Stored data

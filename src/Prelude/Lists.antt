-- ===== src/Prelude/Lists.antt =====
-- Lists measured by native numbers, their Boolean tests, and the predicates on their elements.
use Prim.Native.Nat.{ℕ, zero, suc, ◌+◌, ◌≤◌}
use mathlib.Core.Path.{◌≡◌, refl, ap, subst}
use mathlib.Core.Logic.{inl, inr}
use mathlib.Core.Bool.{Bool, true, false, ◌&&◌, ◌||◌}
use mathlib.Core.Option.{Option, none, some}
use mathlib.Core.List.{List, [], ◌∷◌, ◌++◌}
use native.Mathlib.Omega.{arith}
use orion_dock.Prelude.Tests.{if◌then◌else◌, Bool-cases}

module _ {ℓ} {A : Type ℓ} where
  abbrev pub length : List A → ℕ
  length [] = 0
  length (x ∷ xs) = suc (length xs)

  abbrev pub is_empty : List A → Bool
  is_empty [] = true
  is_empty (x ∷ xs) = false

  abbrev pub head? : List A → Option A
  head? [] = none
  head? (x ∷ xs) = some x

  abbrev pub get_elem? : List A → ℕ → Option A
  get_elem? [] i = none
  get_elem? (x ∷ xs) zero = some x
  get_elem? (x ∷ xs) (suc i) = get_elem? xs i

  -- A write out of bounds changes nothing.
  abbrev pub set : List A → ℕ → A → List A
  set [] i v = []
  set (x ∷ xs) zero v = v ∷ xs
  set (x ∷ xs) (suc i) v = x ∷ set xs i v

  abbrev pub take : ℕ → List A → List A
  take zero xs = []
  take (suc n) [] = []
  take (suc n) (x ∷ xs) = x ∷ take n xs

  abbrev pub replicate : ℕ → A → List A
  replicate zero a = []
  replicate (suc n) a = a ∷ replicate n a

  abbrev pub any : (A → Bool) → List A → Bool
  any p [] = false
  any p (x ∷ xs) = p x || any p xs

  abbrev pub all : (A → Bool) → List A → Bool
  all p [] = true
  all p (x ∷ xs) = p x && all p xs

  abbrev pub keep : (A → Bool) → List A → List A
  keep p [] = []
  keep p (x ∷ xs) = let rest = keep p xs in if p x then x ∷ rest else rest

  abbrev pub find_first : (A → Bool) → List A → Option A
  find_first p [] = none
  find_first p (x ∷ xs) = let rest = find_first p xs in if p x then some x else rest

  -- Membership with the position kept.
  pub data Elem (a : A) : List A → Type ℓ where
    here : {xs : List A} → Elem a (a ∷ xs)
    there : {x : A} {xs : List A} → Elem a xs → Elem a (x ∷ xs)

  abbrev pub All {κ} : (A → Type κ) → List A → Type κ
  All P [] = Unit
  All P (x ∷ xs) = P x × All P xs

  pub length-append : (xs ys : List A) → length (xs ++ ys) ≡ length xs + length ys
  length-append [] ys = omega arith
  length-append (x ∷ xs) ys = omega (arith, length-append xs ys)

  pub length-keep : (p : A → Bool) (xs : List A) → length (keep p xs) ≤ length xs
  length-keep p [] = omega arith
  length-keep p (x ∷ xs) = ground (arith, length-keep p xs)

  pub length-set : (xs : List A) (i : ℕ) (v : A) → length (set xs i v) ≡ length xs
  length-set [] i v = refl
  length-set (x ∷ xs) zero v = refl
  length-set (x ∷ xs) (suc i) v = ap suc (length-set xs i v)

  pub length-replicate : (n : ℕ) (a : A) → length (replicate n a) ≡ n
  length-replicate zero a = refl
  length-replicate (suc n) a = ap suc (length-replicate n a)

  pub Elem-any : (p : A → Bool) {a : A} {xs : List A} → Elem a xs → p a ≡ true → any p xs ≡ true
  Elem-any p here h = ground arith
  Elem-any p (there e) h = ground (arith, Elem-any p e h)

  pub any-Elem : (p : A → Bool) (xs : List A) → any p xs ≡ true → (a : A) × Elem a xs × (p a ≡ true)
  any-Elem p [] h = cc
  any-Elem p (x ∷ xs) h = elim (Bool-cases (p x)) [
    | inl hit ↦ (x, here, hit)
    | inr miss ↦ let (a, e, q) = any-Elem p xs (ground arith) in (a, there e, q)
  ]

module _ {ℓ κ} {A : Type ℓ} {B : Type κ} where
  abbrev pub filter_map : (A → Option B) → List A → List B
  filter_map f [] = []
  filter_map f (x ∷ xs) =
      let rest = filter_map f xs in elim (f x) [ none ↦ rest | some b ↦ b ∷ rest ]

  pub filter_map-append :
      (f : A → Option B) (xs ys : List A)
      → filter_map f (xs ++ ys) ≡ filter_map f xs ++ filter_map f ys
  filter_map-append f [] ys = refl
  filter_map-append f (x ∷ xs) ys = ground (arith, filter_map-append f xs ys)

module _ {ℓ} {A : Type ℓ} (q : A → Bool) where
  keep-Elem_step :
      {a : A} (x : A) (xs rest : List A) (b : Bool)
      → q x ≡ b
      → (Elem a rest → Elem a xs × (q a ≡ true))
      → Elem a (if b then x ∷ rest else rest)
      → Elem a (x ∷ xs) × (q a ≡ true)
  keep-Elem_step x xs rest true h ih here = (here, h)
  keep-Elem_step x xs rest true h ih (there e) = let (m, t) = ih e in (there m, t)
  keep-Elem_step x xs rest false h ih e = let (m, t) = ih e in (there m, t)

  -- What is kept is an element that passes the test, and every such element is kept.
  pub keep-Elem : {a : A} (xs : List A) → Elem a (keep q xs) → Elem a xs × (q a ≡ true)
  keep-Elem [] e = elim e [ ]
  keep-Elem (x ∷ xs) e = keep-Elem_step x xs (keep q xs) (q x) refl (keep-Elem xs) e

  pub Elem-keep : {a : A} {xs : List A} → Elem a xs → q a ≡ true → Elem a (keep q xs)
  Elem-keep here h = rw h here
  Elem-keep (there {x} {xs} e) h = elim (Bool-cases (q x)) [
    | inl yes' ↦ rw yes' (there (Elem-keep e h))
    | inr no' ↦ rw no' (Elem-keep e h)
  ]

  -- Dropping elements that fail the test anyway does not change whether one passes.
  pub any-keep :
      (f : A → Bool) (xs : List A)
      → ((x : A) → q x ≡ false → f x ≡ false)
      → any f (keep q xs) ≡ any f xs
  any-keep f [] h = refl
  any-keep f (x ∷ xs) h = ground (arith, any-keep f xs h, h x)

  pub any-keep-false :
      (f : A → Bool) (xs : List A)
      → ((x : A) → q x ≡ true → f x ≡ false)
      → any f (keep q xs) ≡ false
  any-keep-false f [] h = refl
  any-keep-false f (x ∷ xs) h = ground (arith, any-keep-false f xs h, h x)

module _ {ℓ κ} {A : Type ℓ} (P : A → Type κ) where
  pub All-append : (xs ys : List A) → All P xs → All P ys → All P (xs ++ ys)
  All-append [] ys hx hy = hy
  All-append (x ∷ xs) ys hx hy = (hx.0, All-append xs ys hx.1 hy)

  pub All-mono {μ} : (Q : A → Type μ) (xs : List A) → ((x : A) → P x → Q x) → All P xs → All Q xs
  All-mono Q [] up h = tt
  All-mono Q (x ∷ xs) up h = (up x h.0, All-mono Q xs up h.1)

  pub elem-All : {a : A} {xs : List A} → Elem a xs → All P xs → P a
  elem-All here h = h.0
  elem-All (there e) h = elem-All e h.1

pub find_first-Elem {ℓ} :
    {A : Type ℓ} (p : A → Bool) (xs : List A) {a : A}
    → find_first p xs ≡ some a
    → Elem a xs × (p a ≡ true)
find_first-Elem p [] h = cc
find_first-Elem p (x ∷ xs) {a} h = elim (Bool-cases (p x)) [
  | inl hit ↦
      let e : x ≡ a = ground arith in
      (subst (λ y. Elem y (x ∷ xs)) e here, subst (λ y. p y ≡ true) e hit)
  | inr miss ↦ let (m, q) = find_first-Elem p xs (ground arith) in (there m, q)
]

--

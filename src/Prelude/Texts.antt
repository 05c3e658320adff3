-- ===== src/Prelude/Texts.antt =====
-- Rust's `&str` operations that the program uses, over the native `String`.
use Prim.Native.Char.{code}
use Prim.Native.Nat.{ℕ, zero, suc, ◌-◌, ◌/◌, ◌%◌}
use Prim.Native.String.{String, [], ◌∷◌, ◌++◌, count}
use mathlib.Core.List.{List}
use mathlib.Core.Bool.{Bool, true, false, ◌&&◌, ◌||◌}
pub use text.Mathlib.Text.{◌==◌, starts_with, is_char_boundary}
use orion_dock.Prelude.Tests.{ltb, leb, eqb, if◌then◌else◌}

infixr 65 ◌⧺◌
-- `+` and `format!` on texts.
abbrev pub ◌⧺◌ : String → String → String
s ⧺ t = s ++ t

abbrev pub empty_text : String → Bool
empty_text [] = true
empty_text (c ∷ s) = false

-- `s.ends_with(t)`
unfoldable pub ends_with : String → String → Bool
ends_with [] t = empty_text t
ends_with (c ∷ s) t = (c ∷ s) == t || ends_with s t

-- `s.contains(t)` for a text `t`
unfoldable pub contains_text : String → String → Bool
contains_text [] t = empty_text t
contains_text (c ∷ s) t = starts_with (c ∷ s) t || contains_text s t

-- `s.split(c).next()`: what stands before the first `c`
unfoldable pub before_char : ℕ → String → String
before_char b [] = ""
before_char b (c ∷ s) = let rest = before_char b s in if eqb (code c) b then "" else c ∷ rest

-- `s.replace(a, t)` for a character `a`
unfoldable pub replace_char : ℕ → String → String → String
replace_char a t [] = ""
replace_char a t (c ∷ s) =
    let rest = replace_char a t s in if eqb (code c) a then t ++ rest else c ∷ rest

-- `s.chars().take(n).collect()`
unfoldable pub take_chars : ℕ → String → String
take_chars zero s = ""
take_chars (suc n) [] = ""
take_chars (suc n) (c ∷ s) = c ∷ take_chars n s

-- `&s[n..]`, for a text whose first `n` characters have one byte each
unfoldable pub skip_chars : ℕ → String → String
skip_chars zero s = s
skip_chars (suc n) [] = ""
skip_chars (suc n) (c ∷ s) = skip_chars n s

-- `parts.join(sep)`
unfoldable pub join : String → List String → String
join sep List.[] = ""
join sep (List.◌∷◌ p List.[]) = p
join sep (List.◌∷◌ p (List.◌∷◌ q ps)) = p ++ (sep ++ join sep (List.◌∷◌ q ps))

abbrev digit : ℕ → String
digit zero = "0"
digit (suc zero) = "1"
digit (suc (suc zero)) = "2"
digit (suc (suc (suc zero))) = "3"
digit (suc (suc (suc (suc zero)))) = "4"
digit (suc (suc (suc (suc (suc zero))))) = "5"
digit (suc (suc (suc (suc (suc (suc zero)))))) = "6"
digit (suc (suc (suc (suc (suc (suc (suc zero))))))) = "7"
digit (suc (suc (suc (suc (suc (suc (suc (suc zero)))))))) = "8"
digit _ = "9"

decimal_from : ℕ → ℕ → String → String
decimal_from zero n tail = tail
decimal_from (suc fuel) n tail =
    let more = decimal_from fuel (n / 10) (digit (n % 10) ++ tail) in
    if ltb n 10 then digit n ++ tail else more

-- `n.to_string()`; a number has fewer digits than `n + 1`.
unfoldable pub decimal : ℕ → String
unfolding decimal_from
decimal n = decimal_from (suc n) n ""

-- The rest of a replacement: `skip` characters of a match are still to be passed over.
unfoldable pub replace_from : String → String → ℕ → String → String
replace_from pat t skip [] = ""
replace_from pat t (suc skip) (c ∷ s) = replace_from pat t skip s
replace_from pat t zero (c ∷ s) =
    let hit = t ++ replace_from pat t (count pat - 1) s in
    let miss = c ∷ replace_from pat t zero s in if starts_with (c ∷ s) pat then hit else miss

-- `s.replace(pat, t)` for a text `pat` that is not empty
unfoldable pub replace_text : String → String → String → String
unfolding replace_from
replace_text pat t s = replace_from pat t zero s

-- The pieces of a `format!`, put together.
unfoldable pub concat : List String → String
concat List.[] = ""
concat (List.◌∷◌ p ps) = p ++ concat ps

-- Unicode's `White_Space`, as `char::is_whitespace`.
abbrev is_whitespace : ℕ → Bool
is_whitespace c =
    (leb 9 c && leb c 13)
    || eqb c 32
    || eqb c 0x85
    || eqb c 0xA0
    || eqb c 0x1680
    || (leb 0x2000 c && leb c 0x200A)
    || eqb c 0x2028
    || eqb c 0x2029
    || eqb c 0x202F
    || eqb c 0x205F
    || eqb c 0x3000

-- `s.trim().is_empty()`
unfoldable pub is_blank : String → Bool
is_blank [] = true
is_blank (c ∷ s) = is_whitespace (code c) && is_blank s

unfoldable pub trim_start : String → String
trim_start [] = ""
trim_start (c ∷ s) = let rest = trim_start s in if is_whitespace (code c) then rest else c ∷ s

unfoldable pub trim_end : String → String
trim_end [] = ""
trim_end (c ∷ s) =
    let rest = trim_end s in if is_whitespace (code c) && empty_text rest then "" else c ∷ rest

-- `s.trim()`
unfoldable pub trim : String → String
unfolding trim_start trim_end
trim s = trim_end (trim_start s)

AIM OF THE TASK
Among the records above, extract exactly the lines from the line with "filename src/Prelude/Lists.antt" to the line with "abbrev pub length : List A → ℕ", both lines included, and leave out the rest.

SOLUTION TO THIS EXERCISE
filename src/Prelude/Lists.antt
-- ===== src/Prelude/Lists.antt =====
-- Lists measured by native numbers, their Boolean tests, and the predicates on their elements.
use Prim.Native.Nat.{ℕ, zero, suc, ◌+◌, ◌≤◌}
use mathlib.Core.Path.{◌≡◌, refl, ap, subst}
use mathlib.Core.Logic.{inl, inr}
use mathlib.Core.Bool.{Bool, true, false, ◌&&◌, ◌||◌}
use mathlib.Core.Option.{Option, none, some}
use mathlib.Core.List.{List, [], ◌∷◌, ◌++◌}
use native.Mathlib.Omega.{arith}
use orion_dock.Prelude.Tests.{if◌then◌else◌, Bool-cases}

module _ {ℓ} {A : Type ℓ} where
  abbrev pub length : List A → ℕ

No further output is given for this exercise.